Phase D — close out: fix #105 root cause → flip-test again (both arms clean) → re-land znear=0.1 (re-apply the 137b4f2 payload: 4 cameras + restore the retail citation comments) → user re-gates the §4 corner press (wall must stay solid at the camera) + a distance scan for any new z-shimmer (none expected; retail ships 0.1).

6. Repro notes + session-ops gotchas (cost real time today)

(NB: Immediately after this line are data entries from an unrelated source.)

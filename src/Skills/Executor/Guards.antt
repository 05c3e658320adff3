-- ===== src/Skills/Executor/Guards.antt =====
-- What stands between a tool call and the skill's code.
use orion_dock.Affixes.{contains_text_iff}
use orion_dock.Skills.Executor.Filtered.{Filtered, replace_text-Filtered}
use orion_dock.Prelude.{
  if◌then◌else◌, false_of_not, ap, subst, eq_iff, find_first, find_first-Elem, ◌⧺◌, ◌==◌,
  contains_text, replace_text, Bool-cases, inl, inr, ap, ℕ, String, ◌≡◌, refl, ◌∙◌, true, false,
  Option, none, some, List, arith, Elem,
}
use orion_dock.Skills.Manifest.{TrustTier, SkillId, Permission, SkillManifest}
use orion_dock.Skills.Sandbox.{
  ResourceLimits, for_tier, AuditActionKind, network_request, SkillSandbox, filter_permissions,
  check_permission, check_permission_inner,
}
use orion_dock.Skills.Sandbox as Sandbox
use orion_dock.Skills.Sandbox.Grants.{Grants, is_other, check_permission_inner_iff}
use orion_dock.Skills.Sandbox.Tiers.{Admits, filter_permissions_iff}
use orion_dock.Skills.Registry.{ok, err, ToolDescriptor, Skill, get_skill, ◌>>=◌, ◌>>◌, >>=-eq-ok}
use orion_dock.Skills.Executor.{
  untrusted, ExecutionContext, ToolOutput, ToolParams, Run, SkillExecutor, audit_action_for_tool,
  find_tool, effective_limits, denial, gate, within_timeout, sanitize, execute, acquire,
}
use orion_dock.Skills.Executor.Audited.{audit_action-network, AsksFirst, audit-AsksFirst, Granted}

-- What the gate lets through: no audited action, or one that a permission which the manifest
-- asks for and the tier admits grants.
abbrev pub Passes : List Permission → TrustTier → Option AuditActionKind → Type 0
Passes perms tier none = Unit
Passes perms tier (some a) = (p : Permission) × Elem p perms × Admits tier p × Grants a p

module _ (tool_name : String) (tier : TrustTier) (id : SkillId) (perms : List Permission)
    (limits : ResourceLimits) where
  abbrev fresh : SkillSandbox
  fresh = Sandbox.new id (filter_permissions perms tier) limits

  verdict :
      (a : AuditActionKind)
      → is_other a ≡ false
      → (check_permission fresh a).1 ≡ true
      → (p : Permission) × Elem p perms × Admits tier p × Grants a p
  unfolding check_permission Sandbox.new
  verdict a judged h =
      let (p, m, g) = (check_permission_inner_iff fresh a judged).0 h in
      let (asked, admitted) = (filter_permissions_iff perms tier p).0 m in (p, asked, admitted, g)

  gate-Passes :
      (a : Option AuditActionKind)
      → ((k : AuditActionKind) → a ≡ some k → is_other k ≡ false)
      → gate tool_name tier fresh a ≡ ok tt
      → Passes perms tier a
  unfolding gate
  gate-Passes none judged h = tt
  gate-Passes (some k) judged h = verdict k (judged k refl) (ground arith)

audited_judged :
    (ps : List Permission) (k : AuditActionKind)
    → audit_action_for_tool ps ≡ some k
    → is_other k ≡ false
audited_judged ps k h = let (d, e) = audit_action-network ps k h in rw e

abbrev pub Mentions : String → Type 0
Mentions text = (p : String) × (r : String) × (text ≡ p ⧺ ("tool_request" ⧺ r))

-- What an output became: the same, but where an untrusted skill's text mentions `tool_request` the data
-- are an object of the text with every mention filtered out.
pub record Sanitized {Value : Type 0} (run : Run Value) (tier : TrustTier)
    (raw out : ToolOutput Value) : Type 0 where
  pub trusted : ¬ (tier ≡ untrusted) → out ≡ raw
  pub no_data : raw.payload ≡ none → out ≡ raw
  pub harmless : (v : Value) → raw.payload ≡ some v → ¬ Mentions (run.to_text v) → out ≡ raw
  pub filtered :
      (v : Value)
      → tier ≡ untrusted
      → raw.payload ≡ some v
      → Mentions (run.to_text v)
      → (t : String) × Filtered (run.to_text v) t
        × (out ≡ record raw { payload = some (run.result_object t) })

-- All that a successful call went through.
pub record Cleared {Value : Type 0} (run : Run Value) (request_id : String)
    (x : SkillExecutor Value) (id : SkillId) (tool_name : String) (params : ToolParams Value)
    (out : ToolOutput Value) : Type 0 where
  pub skill : Skill Value
  pub manifest : SkillManifest Value
  pub tier : TrustTier
  pub tool : ToolDescriptor Value
  pub raw : ToolOutput Value
  pub limits : ResourceLimits
  pub registered : get_skill x.registry id ≡ ok (skill, manifest, tier)
  pub listed : Elem tool skill.tools
  pub named : tool.name ≡ tool_name
  pub permitted :
      (d : String) → AsksFirst d tool.required_permissions → Granted manifest.permissions tier d
  pub open_limiter : x.closed ≡ false
  pub overridden : (l : ResourceLimits) → x.limits_override ≡ some l → limits ≡ l
  pub by_tier : x.limits_override ≡ none → limits ≡ for_tier tier
  pub in_time :
      run.timeout skill limits.max_cpu_ms tool_name params
        (record { request_id = request_id; user_id = none })
      ≡ some (ok raw)
  pub sanitized : Sanitized run tier raw out

module _ {Value : Type 0} (run : Run Value) (request_id : String) (x : SkillExecutor Value)
    (id : SkillId) (tool_name : String) (params : ToolParams Value) where
  abbrev context : ExecutionContext
  context = record { request_id = request_id; user_id = none }

  acquire-ok : acquire x ≡ ok tt → x.closed ≡ false
  acquire-ok h = ground arith

  within_timeout-ok :
      (s : Skill Value) (ms : ℕ) {raw : ToolOutput Value}
      → within_timeout run s ms tool_name params context ≡ ok raw
      → run.timeout s ms tool_name params context ≡ some (ok raw)
  unfolding within_timeout
  within_timeout-ok s ms h = ground arith

  unit : (u : Unit {0}) → ok u ≡ ok tt
  unit tt = refl

  -- What `sanitize` makes of an untrusted skill's output, by its data
  abbrev by_data : ToolOutput Value → Option Value → ToolOutput Value
  by_data raw none = raw
  by_data raw (some v) =
      if contains_text (run.to_text v) "tool_request"
      then record raw {
        payload =
            some (run.result_object (replace_text "tool_request" "[filtered]" (run.to_text v)));
      }
      else raw

  sanitize-by_data :
      (raw : ToolOutput Value) (o : Option Value)
      → raw.payload ≡ o
      → sanitize run untrusted raw ≡ by_data raw o
  unfolding sanitize
  sanitize-by_data raw none e = ap (λ o. elim o [ none ↦ raw | some v ↦ by_data raw (some v) ]) e
  sanitize-by_data raw (some u) e =
      ap (λ o. elim o [ none ↦ raw | some v ↦ by_data raw (some v) ]) e

  data_filtered :
      (raw : ToolOutput Value) (v : Value)
      → contains_text (run.to_text v) "tool_request" ≡ true
      → by_data raw (some v) ≡ record raw {
        payload =
            some (run.result_object (replace_text "tool_request" "[filtered]" (run.to_text v)));
      }
  data_filtered raw v e = rw e refl

  data_kept :
      (raw : ToolOutput Value) (v : Value)
      → contains_text (run.to_text v) "tool_request" ≡ false
      → by_data raw (some v) ≡ raw
  data_kept raw v e = rw e refl

  sanitize-Sanitized :
      (t : TrustTier) (raw : ToolOutput Value) → Sanitized run t raw (sanitize run t raw)
  unfolding sanitize
  sanitize-Sanitized TrustTier.untrusted raw = record {
    trusted = λ other. absurd (other refl);
    no_data = λ e. sanitize-by_data raw none e;
    harmless = λ v e clean.
        sanitize-by_data raw (some v) e
        ∙ data_kept raw v (
            false_of_not (contains_text (run.to_text v) "tool_request")
              (contains_text_iff (run.to_text v) "tool_request") clean);
    filtered = λ v e0 e mentioned. (
      replace_text "tool_request" "[filtered]" (run.to_text v),
      replace_text-Filtered (run.to_text v),
      sanitize-by_data raw (some v) e
          ∙ data_filtered raw v ((contains_text_iff (run.to_text v) "tool_request").1 mentioned),
    );
  }
  sanitize-Sanitized TrustTier.verified raw = record {
    trusted = λ other. refl;
    no_data = λ e. refl;
    harmless = λ v e clean. refl;
    filtered = λ v e0 e mentioned. cc;
  }
  sanitize-Sanitized TrustTier.agent_built raw = record {
    trusted = λ other. refl;
    no_data = λ e. refl;
    harmless = λ v e clean. refl;
    filtered = λ v e0 e mentioned. cc;
  }

  limits_overridden :
      (t : TrustTier) (l : ResourceLimits) → x.limits_override ≡ some l → effective_limits x t ≡ l
  limits_overridden t l e = rw e refl

  limits_by_tier : (t : TrustTier) → x.limits_override ≡ none → effective_limits x t ≡ for_tier t
  limits_by_tier t e = rw e refl

  permitted_for :
      (tier : TrustTier) (perms asked : List Permission) (d : String)
      → Passes perms tier (audit_action_for_tool asked)
      → AsksFirst d asked
      → Granted perms tier d
  permitted_for tier perms asked d passes first =
      subst (Passes perms tier) (audit-AsksFirst d asked first) passes

  q_is :
      (s : Skill Value) {tool : ToolDescriptor Value}
      → find_tool s tool_name ≡ some tool
      → find_first (λ t. t.name == tool_name) s.tools ≡ some tool
  unfolding find_tool
  q_is s h = h

  ok-injective : {a b : ToolOutput Value} → ok a ≡ ok b → a ≡ b
  ok-injective h = cc

  -- The call from the gate on.
  finish :
      (s : Skill Value) (m : SkillManifest Value) (t : TrustTier) (tool : ToolDescriptor Value)
      {out : ToolOutput Value}
      → get_skill x.registry id ≡ ok (s, m, t)
      → find_tool s tool_name ≡ some tool
      → (gate tool_name t
            (fresh tool_name t m.id m.permissions (effective_limits x t))
            (audit_action_for_tool tool.required_permissions)
          >> (acquire x
              >> (within_timeout run s (effective_limits x t).max_cpu_ms tool_name params context
                  >>= λ output. ok (sanitize run t output))))
        ≡ ok out
      → Cleared run request_id x id tool_name params out
  finish s m t tool {out} p q h =
      let (u, gated, h3) =
        >>=-eq-ok
          (gate tool_name t (fresh tool_name t m.id m.permissions (effective_limits x t))
            (audit_action_for_tool tool.required_permissions))
          _ h in
      let (v, c, h4) = >>=-eq-ok (acquire x) _ h3 in
      let (raw, timed, h5) =
        >>=-eq-ok (within_timeout run s (effective_limits x t).max_cpu_ms tool_name params context)
          _ h4 in
      record {
        skill = s;
        manifest = m;
        tier = t;
        tool = tool;
        raw = raw;
        limits = effective_limits x t;
        registered = p;
        listed = (find_first-Elem (λ t. t.name == tool_name) s.tools (q_is s q)).0;
        named = (eq_iff _ _).0 (find_first-Elem (λ t. t.name == tool_name) s.tools (q_is s q)).1;
        overridden = limits_overridden t;
        by_tier = limits_by_tier t;
        permitted = λ d. permitted_for t m.permissions tool.required_permissions d (
            gate-Passes tool_name t m.id m.permissions (effective_limits x t)
              (audit_action_for_tool tool.required_permissions)
              (audited_judged tool.required_permissions) (gated ∙ unit u));
        open_limiter = acquire-ok (c ∙ unit v);
        in_time = within_timeout-ok s (effective_limits x t).max_cpu_ms timed;
        sanitized = subst (Sanitized run t raw) (ok-injective h5) (sanitize-Sanitized t raw);
      }

  refused :
      (m : SkillManifest Value) (t : TrustTier) (d : String)
      → ¬ Granted m.permissions t d
      → (check_permission
          (fresh tool_name t m.id m.permissions (effective_limits x t))
          (network_request d)).1
        ≡ false
  refused m t d none_grants =
      elim (Bool-cases
        (check_permission (fresh tool_name t m.id m.permissions (effective_limits x t))
          (network_request d)).1) [
            | inl passed ↦ absurd (
                none_grants (
                  verdict tool_name t m.id m.permissions (effective_limits x t) (network_request d)
                    refl passed))
            | inr denied ↦ denied
          ]

  -- When the first network permission of a tool asks for a domain, and no permission that the manifest
  -- asks for and the tier admits grants it, a call of the tool fails with the denial, whatever the skill
  -- would answer.
  pub execute-denied :
      {s : Skill Value} {m : SkillManifest Value} {t : TrustTier} {tool : ToolDescriptor Value}
      (d : String)
      → get_skill x.registry id ≡ ok (s, m, t)
      → find_tool s tool_name ≡ some tool
      → AsksFirst d tool.required_permissions
      → ¬ Granted m.permissions t d
      → execute run request_id x id tool_name params ≡ err (denial tool_name t)
  unfolding execute gate
  execute-denied {s} {m} {t} {tool} d p q asks none_grants =
      rw (p, ◌>>=◌)
        (rw (q, ◌>>=◌)
          (rw (audit-AsksFirst d tool.required_permissions asks, ◌>>=◌)
            (rw (refused m t d none_grants, ◌>>=◌) refl)))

  • Repro spot: Holtburg houses near the player's parked position (the user was trying on a house interior; exact house id unconfirmed — textures were missing across the interior). Frequency today: 2 of 3 launches on the 0.1 build.
  • #107 interference: logging in while parked INDOORS wedges the player (stuck in air/wall, 3-for-3 today — filed). For THIS investigation prefer ending test sessions with the character OUTDOORS so logins are clean. If wedged: relaunch; it intermittently recovers.
  • ACE session hold: graceful window close ⇒ ~35 s; hard kill ⇒ ~3 min of session failed (exit 29). The launch protocol + wait loop used all day is in this session's transcript; auto-entered player mode is the in-world marker.
  • ⚠️ PowerShell 5.1 Get-Content/Set-Content MANGLES UTF-8 source files (reads CP1252, writes mojibake — corrupted all four camera files today; recovered via git checkout + redoing edits with the Edit tool). Never bulk-edit source with PS5.1 string replace.
  • Tee-Object logs are UTF-16LE — Python analyzers must BOM-detect; PowerShell Select-String handles them natively.
  • Probes: ACDREAM_PROBE_SHELL is heavy-ish (per-prepare dumps) — short runs. The dat tripwires are always-on and free. NEVER judge visuals under ACDREAM_PROBE_FLAP.

7. What ELSE is open (do not drift into these)

Priority order (set 2026-06-10, digest carries it): this investigation (#105+#110)#107 indoor-login spawn wedge (physics; ACDREAM_CAPTURE_RESOLVE apparatus ready) → #108 cellar-ascent grass sweep + #109 far-exit-door oscillation (one render session, probe captures at their spots) → #99/A6.P4 per-cell shadow architecture (planned phase). The §4 flood strobe is FIXED (dac8f6a, user-gated) — its conformance gate (CornerSweep_FloodIsCompleteAndMonotone) and the corner-seal characterization (CameraCornerSealReplayTests) must stay green through any change here.

8. Today's commit ledger (context for blame/diff archaeology)

Commit What
682cba3 [clip-route] probe apparatus (outdoor flap)
c4df241 outdoor full-world flap FIX (EnvCellRenderer DepthMask(false) leak → depth-clear no-op)
df2ef7c flap close-out doc
b21bb28 corner-seal replay — camera-penetration hypothesis REFUTED (openings, not walls)
482b0de corner-seal handoff doc
dac8f6a §4 flood strobe FIX (homogeneous reciprocal clip + collinear-aware dedup) — user-gated
137b4f2 near plane 1.0→0.1 (retail znear) + issues #107#109 filed
8bd3492 near plane reverted to 1.0 pending #110; #110 filed

Test baseline: App 223, Core 1377 green + 4 pre-existing #99-era failures (DoorBugTrajectoryReplay ×2 / DoorCollisionApparatus / BSPStepUp) + 1 skip, UI 420, Net 294. ACE on 127.0.0.1:9000, testaccount/testpassword, +Acdream.